The problem:
Copy exactly the run of lines that begins at the line with "-- Of a directory" and ends at the final line of the entries.

Extracted material:
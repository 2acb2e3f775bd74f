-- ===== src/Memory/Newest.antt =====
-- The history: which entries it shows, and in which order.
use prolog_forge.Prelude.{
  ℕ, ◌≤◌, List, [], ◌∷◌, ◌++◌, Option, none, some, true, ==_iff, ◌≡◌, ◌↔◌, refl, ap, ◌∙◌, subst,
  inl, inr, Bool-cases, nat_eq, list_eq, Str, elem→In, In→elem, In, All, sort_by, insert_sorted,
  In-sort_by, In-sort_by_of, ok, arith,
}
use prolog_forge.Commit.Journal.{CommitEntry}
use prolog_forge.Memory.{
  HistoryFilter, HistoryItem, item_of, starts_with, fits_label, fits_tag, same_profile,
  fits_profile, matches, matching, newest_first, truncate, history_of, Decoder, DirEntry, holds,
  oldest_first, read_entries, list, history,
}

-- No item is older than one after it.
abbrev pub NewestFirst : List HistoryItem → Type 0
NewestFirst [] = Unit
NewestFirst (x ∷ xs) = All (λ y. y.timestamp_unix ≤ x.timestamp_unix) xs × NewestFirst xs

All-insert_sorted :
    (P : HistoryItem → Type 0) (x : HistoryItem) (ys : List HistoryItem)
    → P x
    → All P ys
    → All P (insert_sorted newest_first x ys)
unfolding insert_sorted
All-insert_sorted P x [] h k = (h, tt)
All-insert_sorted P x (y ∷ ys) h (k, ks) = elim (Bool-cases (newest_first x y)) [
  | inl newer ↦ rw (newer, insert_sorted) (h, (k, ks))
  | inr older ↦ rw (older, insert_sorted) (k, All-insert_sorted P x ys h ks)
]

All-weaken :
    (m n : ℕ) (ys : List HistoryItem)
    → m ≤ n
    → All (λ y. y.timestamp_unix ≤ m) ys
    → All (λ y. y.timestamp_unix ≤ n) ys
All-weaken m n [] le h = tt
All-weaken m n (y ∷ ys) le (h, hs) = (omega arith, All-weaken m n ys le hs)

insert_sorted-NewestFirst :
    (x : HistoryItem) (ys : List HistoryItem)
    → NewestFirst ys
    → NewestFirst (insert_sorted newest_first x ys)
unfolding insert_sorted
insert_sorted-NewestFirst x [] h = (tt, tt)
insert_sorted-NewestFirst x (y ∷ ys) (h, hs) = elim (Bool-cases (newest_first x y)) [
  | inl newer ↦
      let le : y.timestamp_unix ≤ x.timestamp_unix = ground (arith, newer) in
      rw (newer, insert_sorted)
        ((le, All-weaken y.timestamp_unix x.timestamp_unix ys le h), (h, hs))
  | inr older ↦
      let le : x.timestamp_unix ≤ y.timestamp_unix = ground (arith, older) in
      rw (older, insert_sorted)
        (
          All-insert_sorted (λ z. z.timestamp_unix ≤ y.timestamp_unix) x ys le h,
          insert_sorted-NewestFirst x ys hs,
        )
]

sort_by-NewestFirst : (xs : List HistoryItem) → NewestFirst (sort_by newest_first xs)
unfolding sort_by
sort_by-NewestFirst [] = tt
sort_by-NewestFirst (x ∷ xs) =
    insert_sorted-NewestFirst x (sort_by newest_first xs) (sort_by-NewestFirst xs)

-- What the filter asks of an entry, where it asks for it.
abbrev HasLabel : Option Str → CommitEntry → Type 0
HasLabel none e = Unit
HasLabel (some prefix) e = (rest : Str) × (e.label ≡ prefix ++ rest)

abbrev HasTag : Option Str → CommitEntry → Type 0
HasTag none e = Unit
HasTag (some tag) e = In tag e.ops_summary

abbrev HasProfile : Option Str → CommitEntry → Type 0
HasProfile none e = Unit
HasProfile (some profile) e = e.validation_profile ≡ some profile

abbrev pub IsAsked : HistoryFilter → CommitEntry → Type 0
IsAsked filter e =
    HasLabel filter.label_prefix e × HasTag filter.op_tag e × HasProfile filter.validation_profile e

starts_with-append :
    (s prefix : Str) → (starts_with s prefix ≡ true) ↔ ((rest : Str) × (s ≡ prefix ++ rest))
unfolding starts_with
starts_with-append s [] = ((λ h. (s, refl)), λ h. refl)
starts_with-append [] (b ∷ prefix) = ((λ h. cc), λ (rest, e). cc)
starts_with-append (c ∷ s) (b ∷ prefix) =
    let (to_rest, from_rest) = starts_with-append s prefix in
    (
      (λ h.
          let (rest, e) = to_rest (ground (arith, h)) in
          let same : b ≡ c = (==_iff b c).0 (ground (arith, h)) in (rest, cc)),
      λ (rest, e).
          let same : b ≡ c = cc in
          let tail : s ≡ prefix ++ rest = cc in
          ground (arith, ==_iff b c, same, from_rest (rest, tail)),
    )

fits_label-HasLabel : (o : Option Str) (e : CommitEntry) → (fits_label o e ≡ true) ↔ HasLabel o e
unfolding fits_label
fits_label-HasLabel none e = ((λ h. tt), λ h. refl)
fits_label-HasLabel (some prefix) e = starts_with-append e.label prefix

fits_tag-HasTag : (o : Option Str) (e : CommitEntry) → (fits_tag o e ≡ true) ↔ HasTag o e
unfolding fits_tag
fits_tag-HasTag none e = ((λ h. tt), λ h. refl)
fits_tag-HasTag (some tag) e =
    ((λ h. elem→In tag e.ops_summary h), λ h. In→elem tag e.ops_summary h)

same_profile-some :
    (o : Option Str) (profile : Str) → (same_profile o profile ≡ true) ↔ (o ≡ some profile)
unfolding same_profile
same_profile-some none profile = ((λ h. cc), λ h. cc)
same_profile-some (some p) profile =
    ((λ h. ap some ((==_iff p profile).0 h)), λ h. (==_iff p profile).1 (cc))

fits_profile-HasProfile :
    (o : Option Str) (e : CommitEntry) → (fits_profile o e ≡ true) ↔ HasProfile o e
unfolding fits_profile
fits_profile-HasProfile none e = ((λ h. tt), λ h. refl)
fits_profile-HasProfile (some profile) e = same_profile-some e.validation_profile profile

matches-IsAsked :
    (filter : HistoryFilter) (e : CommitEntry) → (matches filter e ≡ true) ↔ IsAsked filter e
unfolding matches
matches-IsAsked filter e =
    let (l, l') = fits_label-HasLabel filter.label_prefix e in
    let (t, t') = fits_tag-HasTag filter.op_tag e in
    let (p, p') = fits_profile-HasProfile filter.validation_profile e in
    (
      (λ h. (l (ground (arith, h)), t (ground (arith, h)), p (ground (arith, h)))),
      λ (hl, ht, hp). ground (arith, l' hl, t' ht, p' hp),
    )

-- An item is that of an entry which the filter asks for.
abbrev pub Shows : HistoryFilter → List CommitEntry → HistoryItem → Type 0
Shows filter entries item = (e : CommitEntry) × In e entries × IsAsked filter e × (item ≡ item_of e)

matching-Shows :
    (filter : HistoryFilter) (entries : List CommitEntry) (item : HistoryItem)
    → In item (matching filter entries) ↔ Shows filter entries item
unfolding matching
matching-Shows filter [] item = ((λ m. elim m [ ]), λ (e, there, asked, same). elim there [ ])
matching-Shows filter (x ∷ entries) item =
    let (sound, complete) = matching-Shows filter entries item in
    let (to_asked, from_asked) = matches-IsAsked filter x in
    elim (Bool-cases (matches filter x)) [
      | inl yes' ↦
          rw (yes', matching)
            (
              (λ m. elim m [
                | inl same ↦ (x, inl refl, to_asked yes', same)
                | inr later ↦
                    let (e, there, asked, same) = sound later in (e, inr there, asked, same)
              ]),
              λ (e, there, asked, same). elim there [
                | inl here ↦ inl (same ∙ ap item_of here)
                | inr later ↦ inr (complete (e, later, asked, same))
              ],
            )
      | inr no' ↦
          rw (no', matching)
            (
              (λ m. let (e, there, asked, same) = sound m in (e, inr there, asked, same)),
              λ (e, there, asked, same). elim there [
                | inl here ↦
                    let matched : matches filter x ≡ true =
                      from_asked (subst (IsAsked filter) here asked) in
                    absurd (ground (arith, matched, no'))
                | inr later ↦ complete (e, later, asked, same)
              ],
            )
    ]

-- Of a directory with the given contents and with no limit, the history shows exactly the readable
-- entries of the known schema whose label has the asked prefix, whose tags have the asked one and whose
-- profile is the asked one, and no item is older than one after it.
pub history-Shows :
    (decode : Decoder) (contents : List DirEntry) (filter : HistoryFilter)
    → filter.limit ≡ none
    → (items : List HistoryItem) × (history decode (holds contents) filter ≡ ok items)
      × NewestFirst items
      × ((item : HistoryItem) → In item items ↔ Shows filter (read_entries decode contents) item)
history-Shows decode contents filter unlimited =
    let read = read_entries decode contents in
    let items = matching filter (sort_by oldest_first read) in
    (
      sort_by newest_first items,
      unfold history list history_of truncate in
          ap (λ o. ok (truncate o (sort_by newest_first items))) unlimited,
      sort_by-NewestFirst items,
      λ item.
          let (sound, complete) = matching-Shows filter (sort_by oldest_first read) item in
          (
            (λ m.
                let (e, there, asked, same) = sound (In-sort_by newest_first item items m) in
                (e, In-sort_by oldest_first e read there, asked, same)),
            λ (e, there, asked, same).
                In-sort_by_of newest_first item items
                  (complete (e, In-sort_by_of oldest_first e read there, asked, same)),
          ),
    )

Answer:
-- Of a directory with the given contents and with no limit, the history shows exactly the readable
-- entries of the known schema whose label has the asked prefix, whose tags have the asked one and whose
-- profile is the asked one, and no item is older than one after it.
pub history-Shows :
    (decode : Decoder) (contents : List DirEntry) (filter : HistoryFilter)
    → filter.limit ≡ none
    → (items : List HistoryItem) × (history decode (holds contents) filter ≡ ok items)
      × NewestFirst items
      × ((item : HistoryItem) → In item items ↔ Shows filter (read_entries decode contents) item)
history-Shows decode contents filter unlimited =
    let read = read_entries decode contents in
    let items = matching filter (sort_by oldest_first read) in
    (
      sort_by newest_first items,
      unfold history list history_of truncate in
          ap (λ o. ok (truncate o (sort_by newest_first items))) unlimited,
      sort_by-NewestFirst items,
      λ item.
          let (sound, complete) = matching-Shows filter (sort_by oldest_first read) item in
          (
            (λ m.
                let (e, there, asked, same) = sound (In-sort_by newest_first item items m) in
                (e, In-sort_by oldest_first e read there, asked, same)),
            λ (e, there, asked, same).
                In-sort_by_of newest_first item items
                  (complete (e, In-sort_by_of oldest_first e read there, asked, same)),
          ),
    )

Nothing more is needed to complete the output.